Bulwark’s Documentation¶
Bulwark is a package for convenient property-based testing of pandas dataframes, supported for Python 3.5+.
Documentation: https://bulwark.readthedocs.io/en/latest/index.html
This project was heavily influenced by the no-longer-supported Engarde library by Tom Augspurger(thanks for the head start, Tom!), which itself was modeled after the R library assertr.
Why?¶
Data are messy, and pandas is one of the go-to libraries for analyzing tabular data. In the real world, data analysts and scientists often feel like they don’t have the time or energy to think of and write tests for their data. Bulwark’s goal is to let you check that your data meets your assumptions of what it should look like at any (and every) step in your code, without making you work too hard.
Usage¶
Bulwark comes with checks for many of the common assumptions you might want to validate for the functions that make up your ETL pipeline, and lets you toss those checks as decorators on the functions you’re already writing:
import bulwark.decorators as dc
@dc.IsShape((-1, 10))
@dc.IsMonotonic(strict=True)
@dc.HasNoNans()
def compute(df):
# complex operations to determine result
...
return result_df
Still want to have more robust test files? Bulwark’s got you covered there, too, with importable functions.

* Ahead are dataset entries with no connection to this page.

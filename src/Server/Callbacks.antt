-- ===== src/Server/Callbacks.antt =====
-- A callback query: the server's `query`, the client's `_service_query`, and the answer's way back.
mod Answers
unfoldable pub use Answers.*
use angr_ghidra_core.Prelude.{
  ℕ, true, false, [], ◌∷◌, ◌++◌, none, append_assoc, ◌≡◌, refl, ◌∙◌, ap, arith, All,
}
use angr_ghidra_core.Prelude.Result.{Result, ok, err, callback_error}
use angr_ghidra_core.Packed.{Bytes, IsByte}
use angr_ghidra_core.Packed.NonZero.{IsPayload}
use angr_ghidra_core.Packed.Utf8.{decode_replace}
use angr_ghidra_core.Packed.Decoder.{Decoder, init, open_element}
use angr_ghidra_core.Framing.{
  marker, string_stream, byte_stream, doubled, decode_byte_stream, bytes_start,
  query_response_start, query_start, query_end, string_end, bytes_end, exception_end,
  query_response_end,
}
use angr_ghidra_core.Framing.Doubling.{decode_byte_stream-doubled, doubled-IsPayload}
use angr_ghidra_core.Framing
use angr_ghidra_core.Transport.{Transport, Run, read_to_burst, pure, ◌>>=◌}
use angr_ghidra_core.Transport.Bursts.{pipe, read_to_burst-marker, read_payload-closed}
use angr_ghidra_core.Server.{
  Reply, string, bytes, empty, read_reply, read_answer, read_exception, exception_part, join_parts,
  query, query_bytes,
}
use angr_ghidra_core.Client
use angr_ghidra_core.Client.{
  Answer, encoder, bytes, encoded, string, truth, nothing, other, raised, exception_bytes,
  write_answer, answer_to, service_query, open_query, read_query_param,
}

-- The answers that the protocol can carry: no zero byte in a text, and bytes in a byte string.

framed :
    (stream output : Bytes)
    → ((output ++ marker query_response_start) ++ stream) ++ marker query_response_end
      ≡ output ++ ((marker query_response_start ++ stream) ++ marker query_response_end)
framed stream output = simp append_assoc refl

-- What the client writes does not depend on what it has written before.
write_answer-output :
    (answer : Answer) (input output : Bytes)
    → IsAnswer answer
    → write_answer answer (pipe input output) ≡ (ok tt, pipe input (output ++ written answer))
unfolding write_answer
write_answer-output (encoder []) input output h = ap (λ o. (ok tt, pipe input o)) (framed [] output)
write_answer-output (encoder (b ∷ bs)) input output h =
    ap (λ o. (ok tt, pipe input o)) (framed (string_stream (b ∷ bs)) output)
write_answer-output (truth true) input output h =
    ap (λ o. (ok tt, pipe input o)) (framed (string_stream (b't' ∷ [])) output)
write_answer-output (truth false) input output h =
    ap (λ o. (ok tt, pipe input o)) (framed (string_stream (b'f' ∷ [])) output)
write_answer-output (Client.bytes []) input output h =
    ap (λ o. (ok tt, pipe input o)) (framed [] output)
write_answer-output (Client.bytes (b ∷ bs)) input output h =
    ap (λ o. (ok tt, pipe input o)) (framed (byte_stream (b ∷ bs)) output)
write_answer-output (encoded bs) input output h =
    ap (λ o. (ok tt, pipe input o)) (framed (marker bytes_start ++ (bs ++ marker bytes_end)) output)
write_answer-output (Client.string s) input output h =
    ap (λ o. (ok tt, pipe input o)) (framed (string_stream s) output)
write_answer-output nothing input output h = ap (λ o. (ok tt, pipe input o)) (framed [] output)
write_answer-output other input output h = absurd h
write_answer-output (raised kind message) input output h = refl

read_query_param-stream :
    (payload rest output : Bytes)
    → IsPayload payload
    → read_query_param (pipe (string_stream payload ++ rest) output)
      ≡ (ok payload, pipe rest output)
unfolding read_query_param read_to_burst Framing.read_to_burst Framing.scan_to_burst
read_query_param-stream payload rest output h =
    rw (read_payload-closed payload string_end rest output h (omega arith)) refl

pub service_query-query :
    (handler : ℕ → Decoder → Answer) (payload rest output : Bytes) (ident : ℕ) (decoder : Decoder)
    → IsPayload payload
    → open_element none (init payload) ≡ (ok ident, decoder)
    → IsAnswer (answer_to handler ident decoder)
    → service_query handler (pipe (string_stream payload ++ (marker query_end ++ rest)) output)
      ≡ (ok tt, pipe rest (output ++ written (answer_to handler ident decoder)))
unfolding service_query
service_query-query handler payload rest output ident decoder h opens answers =
    let answer = answer_to handler ident decoder in
    let param = read_query_param-stream payload (marker query_end ++ rest) output h in
    let opened : open_query payload (pipe (marker query_end ++ rest) output)
        ≡ (ok (ident, decoder), pipe (marker query_end ++ rest) output) =
      rw (open_query, ap (λ p. p.0) opens, ap (λ p. p.1) opens) refl in
    rw param (
      rw opened (
        rw (write_answer-output answer (marker query_end ++ rest) output answers)
          (rw (read_to_burst-marker query_end rest (output ++ written answer)) refl)))

query-written : (payload : Bytes) → (query payload (pipe [] [])).1.output ≡ query_bytes payload
unfolding query read_answer read_to_burst Framing.read_to_burst Framing.scan_to_burst
query-written payload = refl

-- The client at a query: its first marker is read, and the rest is serviced.
abbrev pub take_query : (ℕ → Decoder → Answer) → Run Transport ℕ
take_query handler = do code ← read_to_burst; _ ← service_query handler; pure code

taken :
    (handler : ℕ → Decoder → Answer) (payload rest answered : Bytes)
    → service_query handler (pipe ((string_stream payload ++ marker query_end) ++ rest) [])
      ≡ (ok tt, pipe rest answered)
    → take_query handler (pipe (query_bytes payload ++ rest) [])
      ≡ (ok query_start, pipe rest answered)
unfolding read_to_burst Framing.read_to_burst Framing.scan_to_burst
taken handler payload rest answered h = rw h refl

-- A query is answered. The server writes it with `query`; the client takes its first marker, services
-- it, and stands behind the query in its input; what it has written makes the server's `query` return
-- what the handler's answer means, or raise CallbackException where the handler raises. It holds for
-- queries without a zero byte whose first element can be opened, and for answers of the kinds that
-- the protocol can carry.
pub query-service_query :
    (handler : ℕ → Decoder → Answer) (payload rest later output : Bytes) (ident : ℕ)
    (decoder : Decoder)
    → IsPayload payload
    → open_element none (init payload) ≡ (ok ident, decoder)
    → IsAnswer (answer_to handler ident decoder)
    → (answered : Bytes) × (take_query handler
          (pipe ((query payload (pipe [] [])).1.output ++ rest) [])
        ≡ (ok query_start, pipe rest answered))
      × (query payload (pipe (answered ++ later) output)
          ≡ (outcome (answer_to handler ident decoder), pipe later (output ++ query_bytes payload)))
unfolding query
query-service_query handler payload rest later output ident decoder h opens answers =
    let answer = answer_to handler ident decoder in
    let stream : (string_stream payload ++ marker query_end) ++ rest
        ≡ string_stream payload ++ (marker query_end ++ rest) =
      append_assoc (string_stream payload) (marker query_end) rest in
    let serviced = service_query-query handler payload rest [] ident decoder h opens answers in
    (
      written answer,
      rw (query-written payload) (taken handler payload rest (written answer) (rw stream serviced)),
      read_answer-written answer later (output ++ query_bytes payload) answers,
    )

import bulwark.checks as ck
df.pipe(ck.has_no_nans())
Won’t I have to go clean up all those decorators when I’m ready to go to production? Nope - just toggle the built-in “enabled” flag available for every decorator.
@dc.IsShape((3, 2), enabled=False)
def compute(df):
# complex operations to determine result
...
return result_df
What if the test I want isn’t part of the library?

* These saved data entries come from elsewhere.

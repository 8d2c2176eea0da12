-- ===== src/Server/Responses/Frames.antt =====
-- `_read_response` over the frames of a response.
use angr_ghidra_core.Prelude.{
  ℕ, suc, ◌+◌, List, [], ◌∷◌, ◌++◌, Option, none, some, append-nil, append_assoc, ◌≡◌, refl, sym,
  ◌∙◌, ap, arith, length, All,
}
use angr_ghidra_core.Prelude.Result.{Result, ok, err}
use angr_ghidra_core.Packed.{Bytes}
use angr_ghidra_core.Packed.NonZero.{IsPayload}
use angr_ghidra_core.Packed.Utf8.{decode_replace}
use angr_ghidra_core.Packed.Decoder.{Decoder, init, open_element}
use angr_ghidra_core.Framing.{
  marker, string_stream, query_start, query_end, response_start, response_end, string_start,
  string_end, error_start, error_end, warning_start, warning_end,
}
use angr_ghidra_core.Framing
use angr_ghidra_core.Transport.{Transport, Run, ◌>>=◌, pure, read_to_burst, after}
use angr_ghidra_core.Transport.Bursts.{pipe, read_payload-closed}
use angr_ghidra_core.Server.{query_bytes, end_bytes}
use angr_ghidra_core.Server.Callbacks.{IsAnswer, written, service_query-query}
use angr_ghidra_core.Client.{
  Answer, answer_to, service_query, Response, init_response, no_target, or_none, next_burst,
  end_error, on_burst, read_bursts,
}

pub record Query : Type 0 where
  pub payload : Bytes
  pub ident : ℕ
  pub decoder : Decoder

pub record IsQuery (handler : ℕ → Decoder → Answer) (q : Query) : Type 0 where
  pub payload_bytes : IsPayload q.payload
  pub opens : open_element none (init q.payload) ≡ (ok q.ident, q.decoder)
  pub answers : IsAnswer (answer_to handler q.ident q.decoder)

abbrev pub all_queries : List Query → Bytes
all_queries [] = []
all_queries (q ∷ qs) = query_bytes q.payload ++ all_queries qs

-- What the client writes for the queries.
abbrev pub all_answers : (ℕ → Decoder → Answer) → List Query → Bytes
all_answers handler [] = []
all_answers handler (q ∷ qs) =
    written (answer_to handler q.ident q.decoder) ++ all_answers handler qs

abbrev pub go : (ℕ → Decoder → Answer) → ℕ → Response → Run Transport Response
go handler fuel r = do code ← read_to_burst; read_bursts handler fuel code r

-- What the client has read at the end.
abbrev pub received : Option Bytes → Bytes → Response
received payload error = record {
  main = elim payload [ none ↦ [] | some p ↦ p ];
  current = no_target;
  error_message = or_none (decode_replace error);
}

abbrev pub IsOutput : Option Bytes → Type 0
IsOutput none = Unit
IsOutput (some p) = IsPayload p

module _ (handler : ℕ → Decoder → Answer) where
  error_frame :
      (main error rest output : Bytes) (fuel : ℕ)
      → IsPayload error
      → read_bursts handler
          (suc (suc (suc fuel)))
          error_start
          (record { main = main; current = no_target; error_message = none })
          (pipe ((error ++ marker error_end) ++ (marker response_end ++ rest)) output)
        ≡ (ok (received (some main) error), pipe rest output)
  unfolding read_bursts on_burst next_burst end_error read_to_burst Framing.read_to_burst
      Framing.scan_to_burst
  error_frame main error rest output fuel h =
      rw (read_payload-closed error error_end (marker response_end ++ rest) output h (omega arith))
        refl

  error_tail :
      (main error rest output : Bytes) (fuel : ℕ)
      → IsPayload error
      → read_bursts handler
          (suc (suc (suc fuel)))
          error_start
          (record { main = main; current = no_target; error_message = none })
          (pipe ((error ++ (marker error_end ++ marker response_end)) ++ rest) output)
        ≡ (ok (received (some main) error), pipe rest output)
  error_tail main error rest output fuel h =
      let frames : (error ++ (marker error_end ++ marker response_end)) ++ rest
          ≡ (error ++ marker error_end) ++ (marker response_end ++ rest) =
        append_assoc error (marker error_end ++ marker response_end) rest
        ∙ sym (append_assoc error (marker error_end) (marker response_end ++ rest)) in
      rw frames (error_frame main error rest output fuel h)

  on_output :
      (p tail output : Bytes) (fuel : ℕ)
      → IsPayload p
      → read_bursts handler
          (suc (suc fuel))
          string_start
          init_response
          (pipe ((p ++ marker string_end) ++ (marker error_start ++ tail)) output)
        ≡ read_bursts handler fuel error_start
            (record { main = p; current = no_target; error_message = none })
            (pipe tail output)
  unfolding read_bursts on_burst next_burst read_to_burst Framing.read_to_burst
      Framing.scan_to_burst
  on_output p tail output fuel h =
      rw (read_payload-closed p string_end (marker error_start ++ tail) output h (omega arith)) refl

  pub end_frame :
      (payload : Option Bytes) (error rest output : Bytes) (fuel : ℕ)
      → IsOutput payload
      → IsPayload error
      → go handler
          (suc (suc (suc (suc (suc fuel)))))
          init_response
          (pipe (end_bytes payload error ++ rest) output)
        ≡ (ok (received payload error), pipe rest output)
  unfolding read_to_burst Framing.read_to_burst Framing.scan_to_burst
  end_frame none error rest output fuel hp h = error_tail [] error rest output (suc (suc fuel)) h
  end_frame (some p) error rest output fuel hp h =
      let tail = (error ++ (marker error_end ++ marker response_end)) ++ rest in
      let frames : (p ++ marker string_end)
            ++ ((marker error_start ++ (error ++ (marker error_end ++ marker response_end)))
                ++ rest)
          ≡ (p ++ marker string_end) ++ (marker error_start ++ tail) =
        refl in
      ap
        (λ i.
          read_bursts handler (suc (suc (suc (suc (suc fuel))))) string_start init_response
            (pipe i output))
        (append_assoc (p ++ marker string_end)
          (marker error_start ++ (error ++ (marker error_end ++ marker response_end))) rest)
      ∙ on_output p tail output (suc (suc (suc fuel))) hp
      ∙ error_tail p error rest output fuel h

  returned :
      (fuel : ℕ) (got : Result ℕ × Transport)
      → after
          (λ (x : ℕ × Response). read_bursts handler fuel x.0 x.1)
          (after (λ (code : ℕ). pure (code, init_response)) got)
        ≡ after (λ (code : ℕ). read_bursts handler fuel code init_response) got
  returned fuel (ok code, t) = refl
  returned fuel (err e, t) = refl

  on_query :
      (before after' : Transport) (fuel : ℕ)
      → service_query handler before ≡ (ok tt, after')
      → read_bursts handler (suc fuel) query_start init_response before
        ≡ go handler fuel init_response after'
  unfolding read_bursts on_burst next_burst
  on_query before after' fuel h = rw h (returned fuel (read_to_burst after'))

  query_frame :
      (q : Query) (rest output : Bytes) (fuel : ℕ)
      → IsQuery handler q
      → go handler (suc fuel) init_response (pipe (query_bytes q.payload ++ rest) output)
        ≡ go handler fuel init_response
            (pipe rest (output ++ written (answer_to handler q.ident q.decoder)))
  unfolding read_to_burst Framing.read_to_burst Framing.scan_to_burst
  query_frame q rest output fuel h =
      let answered = output ++ written (answer_to handler q.ident q.decoder) in
      ap (λ i. read_bursts handler (suc fuel) query_start init_response (pipe i output))
        (append_assoc (string_stream q.payload) (marker query_end) rest)
      ∙ on_query (pipe (string_stream q.payload ++ (marker query_end ++ rest)) output)
          (pipe rest answered) fuel
          (service_query-query handler q.payload rest output q.ident q.decoder h.payload_bytes
            h.opens h.answers)

  pub query_frames :
      (qs : List Query) (rest output : Bytes) (fuel : ℕ)
      → All (IsQuery handler) qs
      → go handler (length qs + fuel) init_response (pipe (all_queries qs ++ rest) output)
        ≡ go handler fuel init_response (pipe rest (output ++ all_answers handler qs))
  query_frames [] rest output fuel h =
      let nothing_left : length {A = Query} [] + fuel ≡ fuel = omega arith in
      rw (nothing_left, append-nil output) refl
  query_frames (q ∷ qs) rest output fuel h =
      let one = written (answer_to handler q.ident q.decoder) in
      let round : length (q ∷ qs) + fuel ≡ suc (length qs + fuel) = omega arith in
      ap (λ n. go handler n init_response (pipe (all_queries (q ∷ qs) ++ rest) output)) round
      ∙ ap (λ i. go handler (suc (length qs + fuel)) init_response (pipe i output))
          (append_assoc (query_bytes q.payload) (all_queries qs) rest)
      ∙ query_frame q (all_queries qs ++ rest) output (length qs + fuel) h.0
      ∙ query_frames qs rest (output ++ one) fuel h.1
      ∙ ap (λ o. go handler fuel init_response (pipe rest o))
          (append_assoc output one (all_answers handler qs))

Use the built-in CustomCheck
to use your own custom function!
def len_longer_than(df, l):
if len(df) <= l:
raise AssertionError("df is not as long as expected.")
return df
@dc.CustomCheck(len_longer_than, df=df, l=6)
def append_a_df(df, df2):
return df.append(df2, ignore_index=True)
df = pd.DataFrame({"a": [1, 2, 3], "b": [4, 5, 6]})

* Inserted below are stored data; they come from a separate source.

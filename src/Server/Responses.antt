-- ===== src/Server/Responses.antt =====
-- A command's response: what the server writes around its queries, the client reads.
mod Frames
unfoldable pub use Frames.*
use angr_ghidra_core.Prelude.{
  ℕ, suc, ◌+◌, ◌-◌, ◌≤◌, List, [], ◌∷◌, ◌++◌, Option, none, some, append-nil, append_assoc, ◌≡◌,
  refl, sym, ◌∙◌, ap, arith, length, All, length-append,
}
use angr_ghidra_core.Prelude.Result.{Result, ok, err}
use angr_ghidra_core.Packed.{Bytes}
use angr_ghidra_core.Packed.NonZero.{IsPayload}
use angr_ghidra_core.Packed.Utf8.{decode_replace}
use angr_ghidra_core.Packed.Decoder.{Decoder, init, open_element}
use angr_ghidra_core.Framing.{
  marker, string_stream, query_start, query_end, response_start, response_end, string_start,
  string_end, error_start, error_end, warning_start, warning_end,
}
use angr_ghidra_core.Framing
use angr_ghidra_core.Transport.{Transport, Run, ◌>>=◌, pure, read_to_burst, after}
use angr_ghidra_core.Transport.Bursts.{pipe, read_payload-closed}
use angr_ghidra_core.Server.{query_bytes, begin_response, end_response, end_bytes}
use angr_ghidra_core.Server.Callbacks.{IsAnswer, written, service_query-query}
use angr_ghidra_core.Client.{
  Answer, answer_to, service_query, Response, init_response, no_target, or_none, next_burst,
  end_error, on_burst, read_bursts, read_response, await_response,
}

-- A query of the server, with what the client's decoder makes of its first element.

-- What the server writes for a response without its queries.
abbrev pub response_bytes : List Query → Option Bytes → Bytes → Bytes
response_bytes qs payload error =
    (begin_response (pipe [] [])).1.output
    ++ (all_queries qs ++ (end_response payload error (pipe [] [])).1.output)

pub length-all_queries : (qs : List Query) → length qs ≤ length (all_queries qs)
length-all_queries [] = omega arith
length-all_queries (q ∷ qs) = simp length-append (omega (arith, length-all_queries qs))

-- A stream that begins with a marker, and is long enough behind it.
pub record Starts (stream : Bytes) (rounds : ℕ) : Type 0 where
  pub code : ℕ
  pub behind : Bytes
  pub splits : stream ≡ marker code ++ behind
  pub enough : rounds ≤ suc (length behind)

response-Starts :
    (qs : List Query) (payload : Option Bytes) (error rest : Bytes)
    → Starts (all_queries qs ++ (end_bytes payload error ++ rest)) (length qs + 5)
response-Starts [] none error rest = record {
  code = error_start;
  behind = (error ++ (marker error_end ++ marker response_end)) ++ rest;
  splits = refl;
  enough = simp length-append (omega arith);
}
response-Starts [] (some p) error rest = record {
  code = string_start;
  behind =
      ((p ++ marker string_end)
        ++ (marker error_start ++ (error ++ (marker error_end ++ marker response_end))))
      ++ rest;
  splits = refl;
  enough = simp length-append (omega arith);
}
response-Starts (q ∷ qs) payload error rest = record {
  code = query_start;
  behind =
      ((string_stream q.payload ++ marker query_end) ++ all_queries qs)
      ++ (end_bytes payload error ++ rest);
  splits = refl;
  enough = simp length-append (omega (arith, length-all_queries qs));
}

respond :
    (handler : ℕ → Decoder → Answer) (stream output : Bytes) (rounds : ℕ) (r : Response)
    (t : Transport) (h : Starts stream rounds)
    → go handler (suc (length h.behind)) init_response (pipe stream output) ≡ (ok r, t)
    → read_response handler (pipe (marker response_start ++ stream) output)
      ≡ (ok (r.main, r.error_message), t)
unfolding read_response await_response read_to_burst Framing.read_to_burst Framing.scan_to_burst
respond handler stream output rounds r t h run =
    let ran : read_bursts handler (suc (length h.behind)) h.code init_response
          (pipe h.behind output)
        ≡ (ok r, t) =
      rw h.splits at run in
    rw h.splits (rw ran refl)

-- A response of the server is read by the client: `begin_response`, any number of queries, and
-- `end_response` with an output or none and an error message. The client services every query in
-- order, returns the output and the message (None where it is empty), and takes no byte behind the
-- response. The texts hold no zero byte, the queries can be opened, and their answers are of the
-- kinds that the protocol can carry.
pub read_response-response :
    (handler : ℕ → Decoder → Answer) (qs : List Query) (payload : Option Bytes)
    (error rest output : Bytes)
    → All (IsQuery handler) qs
    → IsOutput payload
    → IsPayload error
    → read_response handler (pipe (response_bytes qs payload error ++ rest) output) ≡ (
      ok ((received payload error).main, (received payload error).error_message),
      pipe rest (output ++ all_answers handler qs),
    )
unfolding begin_response end_response
read_response-response handler qs payload error rest output hq hp he =
    let stream = all_queries qs ++ (end_bytes payload error ++ rest) in
    let starts = response-Starts qs payload error rest in
    let spare = suc (length starts.behind) - (length qs + 5) in
    let rounds : suc (length starts.behind) ≡ length qs + suc (suc (suc (suc (suc spare)))) =
      omega (arith, starts.enough) in
    let answered = output ++ all_answers handler qs in
    let run : go handler (suc (length starts.behind)) init_response (pipe stream output)
        ≡ (ok (received payload error), pipe rest answered) =
      ap (λ n. go handler n init_response (pipe stream output)) rounds
      ∙ query_frames handler qs (end_bytes payload error ++ rest) output
          (suc (suc (suc (suc (suc spare))))) hq
      ∙ end_frame handler payload error rest answered spare hp he in
    ap (λ i. read_response handler (pipe (marker response_start ++ i) output))
      (append_assoc (all_queries qs) (end_bytes payload error) rest)
    ∙ respond handler stream output (length qs + 5) (received payload error) (pipe rest answered)
        starts run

df2 = pd.DataFrame({"a": [1, np.nan, 3, 4], "b": [4, 5, 6, 7]})
append_a_df(df, df2)
What if I want to run a lot of tests and want to see all the errors at once?
You can use the built-in MultiCheck
.
It will collect all of the errors
and either display a warning message of throw an exception based on the warn
flag.
You can even use custom functions with MultiCheck:
def len_longer_than(df, l):
if len(df) <= l:
raise AssertionError("df is not as long as expected.")
return df
# `checks` takes a dict of function: dict of params for that function.
# Note that those function params EXCLUDE df.
# Also note that when you use MultiCheck, there's no need to use CustomCheck - just feed in the function.
@dc.MultiCheck(checks={ck.has_no_nans: {"columns": None},
len_longer_than: {"l": 6}},
warn=False)
def append_a_df(df, df2):
return df.append(df2, ignore_index=True)
df = pd.DataFrame({"a": [1, 2, 3], "b": [4, 5, 6]})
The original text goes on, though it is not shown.